# 18v Ryobi light mods?



## bladefrenzy (Aug 6, 2007)

I am in the construction bus. and can always use a bright light in attics and crawl spaces. I have seen a few mods here done with tool lights, so here goes...

I would like to do a led conversion to the 18v light that came in my Ryobi tool set. The bulbs always blow with very little bouncing or bumping and I wanted to change to led. Don't want something to overheat quickly or be a real pain to do (the actual mod) would like to keep runtime to atleast an hour maybe more. I have a few good pocket lights I edc. But would rather learn to mod this one and avoid loosing them when crawling around. Plus it would leave room for more knives and other stuff in my pockets. Thanks, any help would be app. as the search function seems to be acting against me today.
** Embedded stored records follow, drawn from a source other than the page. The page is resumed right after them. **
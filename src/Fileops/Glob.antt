-- ===== src/Fileops/Glob.antt =====
-- `Glob`, `globRecursive` and `matchDoubleGlob`. `filepath.Match` on one segment is the argument
-- `seg` (a bad pattern counts as no match, as the source ignores the error); what `filepath.Walk`
-- visits and `filepath.Glob` finds are arguments too.
pub mod Laws
use lokifix.Fileops.Sort.{sort_by_mod_time}
use lokifix.Prelude.{
  ℕ, zero, suc, ◌+◌, ◌-◌, ◌*◌, ◌/◌, ◌%◌, ◌^◌, ◌≤◌, ◌<◌, ◌≡◌, refl, sym, ap, ap₂, subst, ◌∙◌, ◌≢◌,
  ◌↔◌, ◌⊎◌, inl, inr, Bool, true, false, not, ◌&&◌, ◌||◌, Option, none, some, List, [], ◌∷◌, ◌++◌,
  map, append-nil, append_assoc, arith, ltb, leb, ◌==◌, if◌then◌else◌, ltb→lt, lt→ltb, leb→le,
  ==_iff, Bool-cases, Option-cases, length, get_elem?, length-append, take, drop, replicate,
  length-take, length-drop, length-replicate, take-append-drop, length-map, All, All-append, Bytes,
  codes, eq_bytes, eq_bytes_iff, eq_bytes_refl, eq_bytes→eq, is_empty, lower, upper, to_lower,
  to_upper, to_lower_idem, is_space, trim_left, trim_right, trim_space, split_on, split, push_left,
  cut_at, replace_byte, join, show_nat, has_prefix, contains, has_prefix_sound, has_prefix_complete,
  contains_sound, contains_complete,
}

abbrev pub double_star : Bytes
double_star = codes "**"

unfoldable pub is_double_star : Bytes → Bool
is_double_star p = eq_bytes p double_star

unfoldable pub all_double_stars : List Bytes → Bool
unfolding is_double_star
all_double_stars [] = true
all_double_stars (p ∷ ps) = is_double_star p && all_double_stars ps

-- A test of every suffix of a path, the empty one too.
unfoldable pub any_suffix : (List Bytes → Bool) → List Bytes → Bool
any_suffix f [] = f []
any_suffix f (s ∷ ss) = f (s ∷ ss) || any_suffix f ss

module _ (seg : Bytes → Bytes → Bool) where
  unfoldable pub match_double_glob : List Bytes → List Bytes → Bool
  unfolding is_double_star all_double_stars any_suffix
  match_double_glob [] path = is_empty path
  match_double_glob (p ∷ ps) [] = all_double_stars (p ∷ ps)
  match_double_glob (p ∷ ps) (s ∷ ss) =
      let tail = any_suffix (match_double_glob ps) (s ∷ ss) in
      let next = match_double_glob ps ss in
      if is_double_star p
      then (if is_empty ps then true else tail)
      else if seg p s
      then next
      else false

-- A file that the walk visits: its path, and the path relative to the base with slashes.
pub record Visit : Type 0 where
  pub path : Bytes
  pub rel : Bytes
  pub base : Bytes

unfoldable pub select : (Visit → Bool) → List Visit → List Bytes
select test [] = []
select test (v ∷ vs) = if test v then v.path ∷ select test vs else select test vs

-- `filepath.ToSlash` on Windows.
abbrev pub to_slash : Bytes → Bytes
to_slash = replace_byte 92 (b'/' ∷ [])

unfoldable pub has_separator : Bytes → Bool
has_separator [] = false
has_separator (c ∷ s) = c == b'/' || c == 92 || has_separator s

-- What the system gives: the walk over a base path, the direct matches of a pattern, whether a path
-- is absolute, and the time of the last change of a path.
pub record Tree : Type 0 where
  pub walk : Bytes → List Visit
  pub direct : Bytes → List Bytes
  pub is_abs : Bytes → Bool
  pub mod_time : Bytes → Option ℕ

module _ (seg : Bytes → Bytes → Bool) (tree : Tree) where
  unfoldable pub glob_recursive : Bytes → Bytes → List Bytes
  unfolding match_double_glob select split
  glob_recursive pattern_text base = sort_by_mod_time tree.mod_time (
      select (λ v. match_double_glob seg (split b'/' (to_slash pattern_text)) (split b'/' v.rel))
        (tree.walk base))

  unfoldable pub glob_walk : Bytes → Bytes → List Bytes
  unfolding select
  glob_walk pattern_text base = sort_by_mod_time tree.mod_time (
      select (λ v. seg (to_slash pattern_text) v.rel || seg (to_slash pattern_text) v.base)
        (tree.walk base))

  unfoldable pub glob : Bytes → Bytes → List Bytes
  unfolding glob_recursive glob_walk has_separator contains
  glob pattern_text base_path =
      let base = if is_empty base_path then codes "." else base_path in
      let found = tree.direct pattern_text in
      if contains pattern_text double_star
      then glob_recursive pattern_text base
      else if (tree.is_abs pattern_text || has_separator pattern_text) && not (is_empty found)
      then sort_by_mod_time tree.mod_time found
      else glob_walk pattern_text base
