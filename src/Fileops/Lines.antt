-- ===== src/Fileops/Lines.antt =====
-- `bufio.Scanner` with `ScanLines` over a file, as `ReadFile` and `readNonBinaryLines` of
-- internal/fileops/fileops.go set it up: a line that does not fit its buffer of 10 MB stops it.
use lokifix.Prelude.{
  ℕ, ◌*◌, Bool, true, false, ◌&&◌, List, [], ◌∷◌, ◌++◌, leb, ◌==◌, if◌then◌else◌, length, Bytes,
  is_empty,
}

abbrev pub max_line : ℕ
max_line = 10 * 1024 * 1024

-- A carriage return at the end of a line is dropped.
unfoldable pub drop_cr : Bytes → Bytes
drop_cr [] = []
drop_cr (c ∷ s) = if is_empty s && c == 13 then [] else c ∷ drop_cr s

-- The lines that the scanner gives, and whether it stopped with an error. `cur` is the line read so
-- far; a last line with no line end is given only if it is not empty.
unfoldable pub scan_from : Bytes → Bytes → List Bytes × Bool
unfolding drop_cr
scan_from cur [] =
    if is_empty cur
    then ([], false)
    else if leb max_line (length cur)
    then ([], true)
    else (drop_cr cur ∷ [], false)
scan_from cur (c ∷ s) =
    let (lines, failed) = scan_from [] s in
    let more = scan_from (cur ++ c ∷ []) s in
    if c == 10
    then (if leb max_line (length cur) then ([], true) else (drop_cr cur ∷ lines, failed))
    else more

unfoldable pub scan : Bytes → List Bytes × Bool
unfolding scan_from
scan s = scan_from [] s
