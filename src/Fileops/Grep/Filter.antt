-- ===== src/Fileops/Grep/Filter.antt =====
-- The file filters of `GrepFile`: `fileTypeExtensions` and `matchesFileFilter`.
use lokifix.Dict
use lokifix.World.{base_name}
use lokifix.Prelude.{
  Bool, false, ◌&&◌, ◌||◌, none, some, List, [], ◌∷◌, ◌++◌, ◌==◌, if◌then◌else◌, Bytes, codes,
  eq_bytes, is_empty, to_lower,
}

abbrev pub file_type_extensions : List (Bytes × List Bytes)
file_type_extensions =
    (codes "go", codes ".go" ∷ [])
    ∷ (codes "js", codes ".js" ∷ codes ".mjs" ∷ codes ".cjs" ∷ [])
    ∷ (codes "ts", codes ".ts" ∷ codes ".tsx" ∷ [])
    ∷ (codes "py", codes ".py" ∷ codes ".pyi" ∷ [])
    ∷ (codes "java", codes ".java" ∷ [])
    ∷ (codes "rust", codes ".rs" ∷ [])
    ∷ (codes "rs", codes ".rs" ∷ [])
    ∷ (codes "c", codes ".c" ∷ codes ".h" ∷ [])
    ∷ (
      codes "cpp",
      codes ".cpp" ∷ codes ".cc" ∷ codes ".cxx" ∷ codes ".hpp" ∷ codes ".hxx" ∷ codes ".h" ∷ [],
    )
    ∷ (codes "cs", codes ".cs" ∷ [])
    ∷ (codes "rb", codes ".rb" ∷ [])
    ∷ (codes "php", codes ".php" ∷ [])
    ∷ (codes "swift", codes ".swift" ∷ [])
    ∷ (codes "kotlin", codes ".kt" ∷ codes ".kts" ∷ [])
    ∷ (codes "kt", codes ".kt" ∷ codes ".kts" ∷ [])
    ∷ (codes "scala", codes ".scala" ∷ [])
    ∷ (codes "html", codes ".html" ∷ codes ".htm" ∷ [])
    ∷ (codes "css", codes ".css" ∷ [])
    ∷ (codes "scss", codes ".scss" ∷ codes ".sass" ∷ [])
    ∷ (codes "json", codes ".json" ∷ [])
    ∷ (codes "yaml", codes ".yaml" ∷ codes ".yml" ∷ [])
    ∷ (codes "yml", codes ".yaml" ∷ codes ".yml" ∷ [])
    ∷ (codes "xml", codes ".xml" ∷ [])
    ∷ (codes "md", codes ".md" ∷ codes ".markdown" ∷ [])
    ∷ (codes "sql", codes ".sql" ∷ [])
    ∷ (codes "sh", codes ".sh" ∷ codes ".bash" ∷ [])
    ∷ (codes "ps1", codes ".ps1" ∷ codes ".psm1" ∷ [])
    ∷ (codes "bat", codes ".bat" ∷ codes ".cmd" ∷ [])
    ∷ (codes "toml", codes ".toml" ∷ [])
    ∷ (codes "ini", codes ".ini" ∷ [])
    ∷ (codes "txt", codes ".txt" ∷ [])
    ∷ (codes "log", codes ".log" ∷ [])
    ∷ (codes "csv", codes ".csv" ∷ [])
    ∷ (codes "lua", codes ".lua" ∷ [])
    ∷ (codes "r", codes ".r" ∷ codes ".R" ∷ [])
    ∷ (codes "dart", codes ".dart" ∷ [])
    ∷ (codes "vue", codes ".vue" ∷ [])
    ∷ (codes "svelte", codes ".svelte" ∷ [])
    ∷ []

-- `strings.TrimPrefix(s, ".")`
unfoldable pub trim_dot : Bytes → Bytes
trim_dot [] = []
trim_dot (c ∷ s) = if c == b'.' then s else c ∷ s

-- The extensions that a type filter stands for; an unknown type is an extension itself.
unfoldable pub type_extensions : Bytes → List Bytes
unfolding trim_dot Dict.lookup eq_bytes
type_extensions type_filter =
    if is_empty type_filter
    then []
    else elim (Dict.lookup (to_lower type_filter) file_type_extensions) [
      | none ↦ (b'.' ∷ trim_dot type_filter) ∷ []
      | some exts ↦ exts
    ]

-- `filepath.Ext`: from the last dot of the last segment on.
unfoldable pub extension_from : Bytes → Bytes → Bytes
extension_from cur [] = cur
extension_from cur (c ∷ s) =
    extension_from (if c == b'.' then c ∷ [] else if is_empty cur then [] else cur ++ c ∷ []) s

unfoldable pub extension : Bytes → Bytes
unfolding extension_from base_name
extension path = extension_from [] (base_name path)

unfoldable pub any_equal : Bytes → List Bytes → Bool
any_equal e [] = false
any_equal e (x ∷ xs) = eq_bytes e x || any_equal e xs

-- `seg` is `filepath.Match`.
unfoldable pub matches_file_filter : (Bytes → Bytes → Bool) → Bytes → Bytes → List Bytes → Bool
unfolding any_equal extension
matches_file_filter seg path glob_filter exts =
    (is_empty glob_filter || seg glob_filter (base_name path))
    && (is_empty exts || any_equal (to_lower (extension path)) exts)
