-- ===== src/Examples/WorkerTests.antt =====
-- The theorems on the registry at concrete inputs.
use inferbolt.Base.{ℕ, String, ◌≡◌, refl, List, [], ◌∷◌, arith, eq_iff}
use inferbolt.Base.Texts.{apart}
use inferbolt.Base.Order.{less}
use inferbolt.Base.Maps.{Dict, get, Visits}
use inferbolt.Workers.Registry.{WorkerEntry, WorkerRegistry, new_worker_registry}
use inferbolt.Workers.Listing.{list}
use inferbolt.Workers.Sorted.{find, IsSorted, list_lem}
use inferbolt.Workers.History.{
  Call, registers, beats, marks_busy, evicts, calls, clock, IsSound, calls-IsSound,
}
use inferbolt.Examples.Data.{worker, registry}

visits : Visits registry.workers registry.workers
unfolding get
visits = record { once = (refl, tt); same = λ k. refl }

abbrev history : List (ℕ × Call)
history = (1, registers worker) ∷ (5, marks_busy "w1" "j1") ∷ (2, beats "w1") ∷ (9, evicts 3) ∷ []

calls-IsSound_example : IsSound (clock 0 history) (calls 0 history new_worker_registry)
unfolding get
calls-IsSound_example =
    calls-IsSound 0 history new_worker_registry (record { distinct = tt; tidy = λ k w h. cc })

abbrev other_worker : WorkerEntry
other_worker = record worker { worker_id = "w2"; last_seen = 8 }

abbrev pair : WorkerRegistry
pair = record { workers = ("w2", other_worker) ∷ ("w1", worker) ∷ [] }

abbrev turned : Dict WorkerEntry
turned = ("w1", worker) ∷ ("w2", other_worker) ∷ []

pair-Visits : Visits pair.workers pair.workers
unfolding get
pair-Visits = record { once = (refl, (refl, tt)); same = λ k. refl }

turned-Visits : Visits turned pair.workers
unfolding get
turned-Visits = record {
  once = (refl, (refl, tt));
  same = λ k. ground (arith, eq_iff "w1" k, eq_iff "w2" k, apart "w1" "w2" refl);
}

pair-IsSound : IsSound 9 pair
unfolding get
pair-IsSound = record {
  distinct = (refl, (refl, tt));
  tidy = λ k w h. ground (arith, h, eq_iff "w1" k, eq_iff "w2" k);
}

list_lem_example :
    (list pair.workers ≡ list turned)
    × IsSorted (list pair.workers)
    × ((id : String) → find id (list pair.workers) ≡ get pair.workers id)
list_lem_example = list_lem 9 pair pair.workers turned pair-IsSound pair-Visits turned-Visits

list-turned : list turned ≡ worker ∷ other_worker ∷ []
unfolding list less
list-turned = refl
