-- ===== src/Gateway.antt =====
-- The handlers of the gateway (internal/gateway).
pub mod Handlers
pub mod Campaigns
pub mod Requests
pub mod Reads
pub mod Isolation
pub mod ApiKeys
pub mod DevKey
pub mod Issued
pub mod Restarts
Steve


----------



## jsr (Aug 6, 2007)

Funny, I was using my Ryobi tools this weekend and was thinking the same thing "what could I do w/ my Ryobi light?". I do have ideas, but they would be pretty custom projects with multiple emitters and reflectors, but it would be bright!


----------



## gearbox (Aug 6, 2007)

I'm going to be doing an LED conversion to my Ryobi 18V but I'm just getting started in the whole light modding thing. I took it apart and it doesn't look like there is any sort of regulation, so the bulb is receiving the full ~18V (more or less since Ryobi batteries are probbly even more unpredictable than "good" cordless tool batts, not to mention resistance from cheap construction). The battery is wired to a switch and then to the bulb holder (which is nothing more than springs).
My idea was to snip the leads at the springs, remove the springs, install a driver or 15Ohm/20Watt resistor and make some sort of holding fixture for the emitter. At that power level I'm pretty sure heat would be a problem and the only conductive thing in there is the reflector. Most likely it would be better off putting in a few emitters, a few reflectors, a diffusing high-temp lens, and a heatsink/mounting base.
Still, it would be almost impossible to make it weather-resistant. There are SOooo many crevices, seams and holes you wouldn't want to use it in wet crawlspaces or during a rainshower.


----------



## scott.cr (Aug 7, 2007)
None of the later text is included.